OpenAI ships GPT‑5.4 Mini/Nano
OpenAI released GPT‑5.4 Mini and Nano as lighter, lower‑latency fallbacks to GPT‑5.4 ‘Thinking’ and made them available to ChatGPT Plus/Pro and enterprise customers for high‑availability deployments. The release comes with a prompting playbook aimed at designers to reduce generic outputs and improve frontend UX for production apps. (help.openai.com)
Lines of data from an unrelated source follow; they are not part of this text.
-- ===== src/Master/JobManager/Watching.antt =====
-- The queue timeouts that JobManager registers (master/job_manager.cpp).
use prun.Base.{
  ℕ, ◌+◌, ◌*◌, ◌≡◌, refl, ap, ◌∙◌, Bool, true, false, not, ◌&&◌, ◌||◌, [], ◌∷◌, any, leb, ◌==◌,
  if◌then◌else◌, arith,
}
use prun.Base.Int.{ℤ, pos, ltb_ℤ, pos_part}
use prun.Master.JobQueue
use prun.Master.Timeouts.{
  Callback, TimeToCallback, task_timeout, job_timeout, job_queue_timeout, stop_task_timeout,
  emplace, push, push_job_queue,
}
use prun.Master.JobManager.Descriptions.{NewJob}
use prun.Master.JobManager.{Manager, register_job_name, set_job_id, to_queue, push_job}
use prun.Master.JobManager.Building.{restore_job}
use prun.Master.JobManager.Ids.{settle_each-Same, register-Same}

-- Whether a callback deletes this job from the queue
abbrev watches : ℕ → Callback → Bool
watches i (job_queue_timeout j) = j == i
watches i (task_timeout t ip) = false
watches i (job_timeout j) = false
watches i (stop_task_timeout c ip) = false

-- Whether the queue timeout of this job is registered
abbrev pub is_watched : ℕ → TimeToCallback → Bool
is_watched i l = any (λ (e : ℕ × Callback). watches i e.1) l

emplace-watched :
    (i t : ℕ) (c : Callback) (l : TimeToCallback)
    → is_watched i (emplace t c l) ≡ (watches i c || is_watched i l)
unfolding emplace
emplace-watched i t c [] = refl
emplace-watched i t c ((u, d) ∷ l) = ground (arith, emplace-watched i t c l)

push-watched :
    (i second now j : ℕ) (timeout : ℤ) (l : TimeToCallback)
    → is_watched i (push_job_queue second now j timeout l)
      ≡ ((not (ltb_ℤ timeout (pos 0)) && j == i) || is_watched i l)
unfolding push
push-watched i second now j timeout l =
    ground (arith, emplace-watched i (now + pos_part timeout * second) (job_queue_timeout j) l)

-- A job that comes by PushJob, with a queue timeout that is not negative, is watched.
push_job-watched :
    (second now : ℕ) (j : NewJob) (m : Manager)
    → ltb_ℤ j.queue_timeout (pos 0) ≡ false
    → is_watched m.job_id (push_job second now j m).callbacks ≡ true
unfolding push_job
push_job-watched second now j m h =
    push-watched m.job_id second now m.job_id j.queue_timeout _ ∙ ground arith

to_queue-callbacks : (i : ℕ) (m : Manager) → (to_queue i m).callbacks ≡ m.callbacks
to_queue-callbacks i m =
    let q = JobQueue.push_job i (pos m.num_job_groups) m.queue in
    (settle_each-Same q.events (record m { queue = record q { events = [] } })).3

restore_job-callbacks :
    (second now i : ℕ) (j : NewJob) (m : Manager)
    → (restore_job second now i j m).callbacks
      ≡ push_job_queue second now (i + 1) j.queue_timeout m.callbacks
unfolding restore_job
restore_job-callbacks second now i j m = ap (push_job_queue second now (i + 1) j.queue_timeout) (
    to_queue-callbacks i (
      set_job_id m.num_job_groups i j (record (register_job_name j.name m) {
        job_id = if leb m.job_id i then i + 1 else m.job_id;
      }))
    ∙ (register-Same j.name m).3)

-- After BuildAndPushJob of a single job of the history, with a queue timeout that is not negative,
-- a timeout of the queue is registered for the job exactly if one was before, and one is registered
-- for the id behind the job's.
pub restore_job-watches :
    (second now i : ℕ) (j : NewJob) (m : Manager)
    → ltb_ℤ j.queue_timeout (pos 0) ≡ false
    → (is_watched i (restore_job second now i j m).callbacks ≡ is_watched i m.callbacks)
      × (is_watched (i + 1) (restore_job second now i j m).callbacks ≡ true)
restore_job-watches second now i j m h =
    let e = restore_job-callbacks second now i j m in
    (
      ap (is_watched i) e
          ∙ push-watched i second now (i + 1) j.queue_timeout m.callbacks
          ∙ ground arith,
      ap (is_watched (i + 1)) e
          ∙ push-watched (i + 1) second now (i + 1) j.queue_timeout m.callbacks
          ∙ ground arith,
    )
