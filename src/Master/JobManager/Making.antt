-- ===== src/Master/JobManager/Making.antt =====
-- What CreateMetaJob makes (master/job_manager.cpp): the parts of its result.
use prun.Base.{
  ℕ, suc, ◌≡◌, refl, sym, ap, subst, ◌∙◌, Bool, true, false, not, some, List, [], ◌∷◌, Text, codes,
  length, arith,
}
use prun.Containers.TextSet.{TextSet}
use prun.Master.JobManager.Descriptions.{Outside, NewJob, guard, from_dir, create_job, read_cron}
use prun.Master.JobManager.Graphs.{
  MetaJob, meta_name, join_lines, job_files, create_each, all_edges, has_cycle, set_vertices,
  prepare_job_graph, describe_first, create_meta_job,
}
use prun.Master.JobManager.Cycles.{bind_some}

guard-true : (b : Bool) {u : Unit {0}} → guard b ≡ some u → b ≡ true
guard-true true h = refl
guard-true false h = absurd (ground arith)

length-create_each :
    (out : Outside) (dir : Text) (names : TextSet) (check : Bool) (fs : List Text)
    (js : List NewJob)
    → create_each out dir names check fs ≡ some js
    → length js ≡ length fs
unfolding create_each
length-create_each out dir names check [] js h = let e : [] ≡ js = cc in ap length (sym e)
length-create_each out dir names check (f ∷ fs) js h =
    let (t, _, h1) = bind_some (out.read_file (from_dir dir f)) _ h in
    let (j, _, h2) = bind_some (create_job out dir names (join_lines t) check) _ h1 in
    let (rest, r, h3) = bind_some (create_each out dir names check fs) _ h2 in
    let e : j ∷ rest ≡ js = cc in
    ap length (sym e) ∙ ap suc (length-create_each out dir names check fs rest r)

pub length-set_vertices :
    (i : ℕ) (es : List (ℕ × ℕ)) (js : List NewJob) → length (set_vertices i es js) ≡ length js
unfolding set_vertices
length-set_vertices i es [] = refl
length-set_vertices i es (j ∷ js) = ap suc (length-set_vertices (suc i) es js)

length-describe_first : (d : Text) (js : List NewJob) → length (describe_first d js) ≡ length js
length-describe_first d [] = refl
length-describe_first d (j ∷ js) = refl

-- The adjacency lists and the jobs from which a meta job is made
pub record MadeFrom (out : Outside) (mj : MetaJob) : Type 0 where
  pub lists : List (List Text)
  pub created : List NewJob
  pub has_edges : all_edges (job_files lists []) lists ≡ some mj.edges
  pub no_cycle : has_cycle (out.back_edges mj.edges) false ≡ false
  pub has_jobs : mj.jobs ≡ set_vertices 0 mj.edges created
  pub same_length : length created ≡ length (job_files lists [])

pub create_meta_job-MadeFrom :
    (out : Outside) (dir : Text) (names : TextSet) (text : Text) (check : Bool) (mj : MetaJob)
    → create_meta_job out dir names text check ≡ some mj
    → MadeFrom out mj
unfolding create_meta_job prepare_job_graph
create_meta_job-MadeFrom out dir names text check mj h =
    let (t, _, h1) = bind_some (out.read_json text) _ h in
    let (lists, _, h2) = bind_some (t.get_lists (codes "graph")) _ h1 in
    let (cron, _, h3) = bind_some (read_cron out t) _ h2 in
    let (name, _, h4) = bind_some (meta_name t names check) _ h3 in
    let (js, c, h5) = bind_some (create_each out dir names check (job_files lists [])) _ h4 in
    let (made, p, h6) =
      bind_some (prepare_job_graph out lists (job_files lists []) (describe_first text js)) _ h5 in
    let (es, a, p1) = bind_some (all_edges (job_files lists []) lists) _ p in
    let (_, g, p2) = bind_some (guard (not (has_cycle (out.back_edges es) false))) _ p1 in
    let b = guard-true (not (has_cycle (out.back_edges es) false)) g in
    let e : (es ≡ mj.edges) × (set_vertices 0 es (describe_first text js) ≡ mj.jobs) =
      ground (arith, p2, h6) in
    record {
      lists = lists;
      created = describe_first text js;
      has_edges = a ∙ ap some e.0;
      no_cycle = subst (λ x. has_cycle (out.back_edges x) false ≡ false) e.0 (ground arith);
      has_jobs = sym e.1 ∙ ap (λ x. set_vertices 0 x (describe_first text js)) e.0;
      same_length =
          length-describe_first text js
          ∙ length-create_each out dir names check (job_files lists []) js c;
    }
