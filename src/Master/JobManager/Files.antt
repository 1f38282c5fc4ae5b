-- ===== src/Master/JobManager/Files.antt =====
-- The job files of a meta job (master/job_manager.cpp): the vertex of each, and that no vertex is
-- without an edge.
use prun.Base.{
  ℕ, suc, zero, ◌<◌, ◌≡◌, refl, ap, subst, ◌∙◌, true, false, ◌||◌, some, List, [], ◌∷◌, ◌++◌, Text,
  text_eq, text_eq_iff, any, length, All, max, arith, Bool-cases, inl, inr,
}
use prun.Containers.TextMap.{text_ltb}
use prun.Master.JobManager.Graphs.{
  insert_file, insert_all, job_files, index_of, chain, list_edges, all_edges, num_vertices,
}
use prun.Master.JobManager.Cycles.{is_file, insert_file-is_file, bind_some}

text_ltb_irrefl : (s : Text) → text_ltb s s ≡ false
unfolding text_ltb
text_ltb_irrefl [] = refl
text_ltb_irrefl (c ∷ s) = ground (arith, text_ltb_irrefl s)

text_ltb_trans : (s t u : Text) → text_ltb s t ≡ true → text_ltb t u ≡ true → text_ltb s u ≡ true
unfolding text_ltb
text_ltb_trans s [] u h k = absurd (ground arith)
text_ltb_trans s (d ∷ t) [] h k = absurd (ground arith)
text_ltb_trans [] (d ∷ t) (e ∷ u) h k = refl
text_ltb_trans (c ∷ s) (d ∷ t) (e ∷ u) h k = ground (arith, text_ltb_trans s t u)

text_ltb_total : (s t : Text) → text_eq s t ≡ false → text_ltb s t ≡ false → text_ltb t s ≡ true
unfolding text_ltb
text_ltb_total [] [] h k = absurd (ground arith)
text_ltb_total [] (d ∷ t) h k = absurd (ground arith)
text_ltb_total (c ∷ s) [] h k = refl
text_ltb_total (c ∷ s) (d ∷ t) h k = ground (arith, text_ltb_total s t)

abbrev Before : Text → List Text → Type 0
Before g gs = All (λ h. text_ltb g h ≡ true) gs

abbrev Sorted : List Text → Type 0
Sorted [] = Unit
Sorted (g ∷ gs) = Before g gs × Sorted gs

Before-trans : (f g : Text) (gs : List Text) → text_ltb f g ≡ true → Before g gs → Before f gs
Before-trans f g [] h b = tt
Before-trans f g (x ∷ gs) h b = (text_ltb_trans f g x h b.0, Before-trans f g gs h b.1)

Before-insert_file :
    (f g : Text) (gs : List Text) → text_ltb g f ≡ true → Before g gs → Before g (insert_file f gs)
unfolding insert_file
Before-insert_file f g [] h b = (h, tt)
Before-insert_file f g (x ∷ gs) h b = ground (arith, Before-insert_file f g gs)

insert_file-Sorted : (f : Text) (gs : List Text) → Sorted gs → Sorted (insert_file f gs)
unfolding insert_file
insert_file-Sorted f [] s = (tt, tt)
insert_file-Sorted f (g ∷ gs) s = ground (
  arith,
  insert_file-Sorted f gs,
  Before-insert_file f g gs,
  Before-trans f g gs,
  text_ltb_total f g,
)

insert_all-Sorted : (fs s : List Text) → Sorted s → Sorted (insert_all fs s)
unfolding insert_all
insert_all-Sorted [] s h = h
insert_all-Sorted (f ∷ fs) s h = insert_all-Sorted fs (insert_file f s) (insert_file-Sorted f s h)

job_files-Sorted : (ls : List (List Text)) (s : List Text) → Sorted s → Sorted (job_files ls s)
unfolding job_files
job_files-Sorted [] s h = h
job_files-Sorted (l ∷ ls) s h = job_files-Sorted ls (insert_all l s) (insert_all-Sorted l s h)

-- The file at a place, and that its index is this place
abbrev file_at : List Text → ℕ → Text
file_at [] v = []
file_at (g ∷ gs) zero = g
file_at (g ∷ gs) (suc v) = file_at gs v

Before-file_at :
    (g : Text) (gs : List Text) (v : ℕ)
    → Before g gs
    → v < length gs
    → text_ltb g (file_at gs v) ≡ true
Before-file_at g [] v b l = absurd (omega arith)
Before-file_at g (x ∷ gs) zero b l = b.0
Before-file_at g (x ∷ gs) (suc v) b l = Before-file_at g gs v b.1 (omega arith)

index_of-file_at :
    (gs : List Text) (v : ℕ) → Sorted gs → v < length gs → index_of (file_at gs v) gs ≡ v
unfolding index_of
index_of-file_at [] v s l = absurd (omega arith)
index_of-file_at (g ∷ gs) zero s l = rw ((text_eq_iff g g).1 refl) refl
index_of-file_at (g ∷ gs) (suc v) s l =
    let b = Before-file_at g gs v s.0 (omega arith) in
    let i = text_ltb_irrefl g in
    let e = text_eq_iff g (file_at gs v) in
    let n : text_eq g (file_at gs v) ≡ false = elim (Bool-cases (text_eq g (file_at gs v))) [
      | inl t ↦ absurd (let f = e.0 t in ground (arith, ap (text_ltb g) f))
      | inr t ↦ t
    ] in
    rw n (ap suc (index_of-file_at gs v s.1 (omega arith)))

file_at-is_file : (gs : List Text) (v : ℕ) → v < length gs → is_file (file_at gs v) gs ≡ true
file_at-is_file [] v l = absurd (omega arith)
file_at-is_file (g ∷ gs) zero l = rw ((text_eq_iff g g).1 refl) refl
file_at-is_file (g ∷ gs) (suc v) l = let h = file_at-is_file gs v (omega arith) in ground arith

insert_all-is_file :
    (h : Text) (fs s : List Text) → is_file h (insert_all fs s) ≡ (is_file h fs || is_file h s)
unfolding insert_all
insert_all-is_file h [] s = refl
insert_all-is_file h (f ∷ fs) s =
    insert_all-is_file h fs (insert_file f s) ∙ ground (arith, insert_file-is_file f h s)

job_files-is_file :
    (h : Text) (ls : List (List Text)) (s : List Text)
    → is_file h (job_files ls s) ≡ (any (is_file h) ls || is_file h s)
unfolding job_files
job_files-is_file h [] s = refl
job_files-is_file h (l ∷ ls) s =
    job_files-is_file h ls (insert_all l s) ∙ ground (arith, insert_all-is_file h l s)

num_vertices-append :
    (xs ys : List (ℕ × ℕ)) → num_vertices (xs ++ ys) ≡ max (num_vertices xs) (num_vertices ys)
unfolding num_vertices
num_vertices-append [] ys = omega arith
num_vertices-append (x ∷ xs) ys = omega (arith, num_vertices-append xs ys)

-- A file of a list behind its first is the end of one of the list's edges.
chain-vertices :
    (files : List Text) (h : Text) (v : ℕ) (fs : List Text)
    → is_file h fs ≡ true
    → index_of h files < num_vertices (chain files v fs)
unfolding chain num_vertices
chain-vertices files h v [] m = absurd (ground arith)
chain-vertices files h v (f ∷ fs) m = elim (Bool-cases (text_eq f h)) [
  | inl e ↦
      let i : index_of f files ≡ index_of h files =
        ap (λ x. index_of x files) ((text_eq_iff f h).0 e) in
      omega arith
  | inr e ↦ let l = chain-vertices files h (index_of f files) fs (ground arith) in omega arith
]

chain_first :
    (files : List Text) (v : ℕ) (f : Text) (fs : List Text)
    → v < num_vertices (chain files v (f ∷ fs))
unfolding chain num_vertices
chain_first files v f fs = omega arith

list_edges-vertices :
    (files l : List Text) (es : List (ℕ × ℕ)) (h : Text)
    → list_edges files l ≡ some es
    → is_file h l ≡ true
    → index_of h files < num_vertices es
unfolding list_edges
list_edges-vertices files [] es h e m = absurd (ground arith)
list_edges-vertices files (f ∷ []) es h e m = absurd (ground arith)
list_edges-vertices files (f ∷ g ∷ gs) es h e m =
    let d : chain files (index_of f files) (g ∷ gs) ≡ es = cc in
    subst (λ x. index_of h files < num_vertices x) d
      (elim (Bool-cases (text_eq f h)) [
        | inl t ↦
            subst (λ x. index_of x files < num_vertices (chain files (index_of f files) (g ∷ gs)))
              ((text_eq_iff f h).0 t) (chain_first files (index_of f files) g gs)
        | inr t ↦ chain-vertices files h (index_of f files) (g ∷ gs) (ground arith)
      ])

all_edges-vertices :
    (files : List Text) (ls : List (List Text)) (es : List (ℕ × ℕ)) (h : Text)
    → all_edges files ls ≡ some es
    → any (is_file h) ls ≡ true
    → index_of h files < num_vertices es
unfolding all_edges
all_edges-vertices files [] es h e m = absurd (ground arith)
all_edges-vertices files (l ∷ ls) es h e m =
    let (ds, d, e1) = bind_some (list_edges files l) _ e in
    let (rest, r, e2) = bind_some (all_edges files ls) _ e1 in
    let s : ds ++ rest ≡ es = cc in
    let n = num_vertices-append ds rest in
    subst (λ x. index_of h files < num_vertices x) s
      (elim (Bool-cases (is_file h l)) [
        | inl t ↦ let a = list_edges-vertices files l ds h d t in omega arith
        | inr t ↦ let a = all_edges-vertices files ls rest h r (ground arith) in omega arith
      ])

-- Each file is a vertex of the graph.
pub all_edges-covers :
    (ls : List (List Text)) (es : List (ℕ × ℕ)) (v : ℕ)
    → all_edges (job_files ls []) ls ≡ some es
    → v < length (job_files ls [])
    → v < num_vertices es
all_edges-covers ls es v e l =
    let files = job_files ls [] in
    let f = file_at files v in
    let i = index_of-file_at files v (job_files-Sorted ls [] tt) l in
    let m = file_at-is_file files v l in
    let a = all_edges-vertices files ls es f e (ground (arith, job_files-is_file f ls [])) in
    subst (λ x. x < num_vertices es) i a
GPT‑5.4 mini is listed at $0.75 per 1M input tokens and $4.50 per 1M output tokens with cached input billed at $0.075 per 1M, and it exposes a 400,000‑token context window and 128,000 max output tokens. (developers.openai.com). GPT‑5.4 nano is priced at $0.20 per 1M input tokens and $1.25 per 1M output tokens with cached input at $0.02, and shares the 400,000‑token context window while targeting ultra‑high throughput short‑turn tasks. (developers.openai.com). OpenAI’s release notes state GPT‑5.4 mini is rolling into ChatGPT via the “Thinking” menu for Free and Go users and will act as an automatic rate‑limit fallback for paid tiers, with enterprises able to opt into auto‑routing; GPT‑5 Thinking mini will be retired from the model picker in 30 days. (help.openai.com). Capability differences are explicit in the model docs: GPT‑5.4 mini supports native computer‑use tools, web and file search, function calling and skills, whereas GPT‑5.4 nano is tuned for classification, extraction, ranking and explicitly does not support the computer‑use tool or tool search. (developers.openai.com). Developers can control internal compute vs. latency with the reasoning.effort parameter and a verbosity knob in the Responses API, and OpenAI’s reasoning guide shows examples for passing reasoning.effort to trade thinking depth for speed. (developers.openai.com; developers.openai.com/guides/reasoning). OpenAI’s prompting playbook for frontend designers recommends concrete inputs — define a design system (colors, typography), supply mood boards or visual references, and structure page generation as a narrative — plus migration patterns like completeness checks, verification loops, and tool persistence to reduce generic outputs. (the‑decoder.com; developers.openai.com/guides/prompt‑guidance).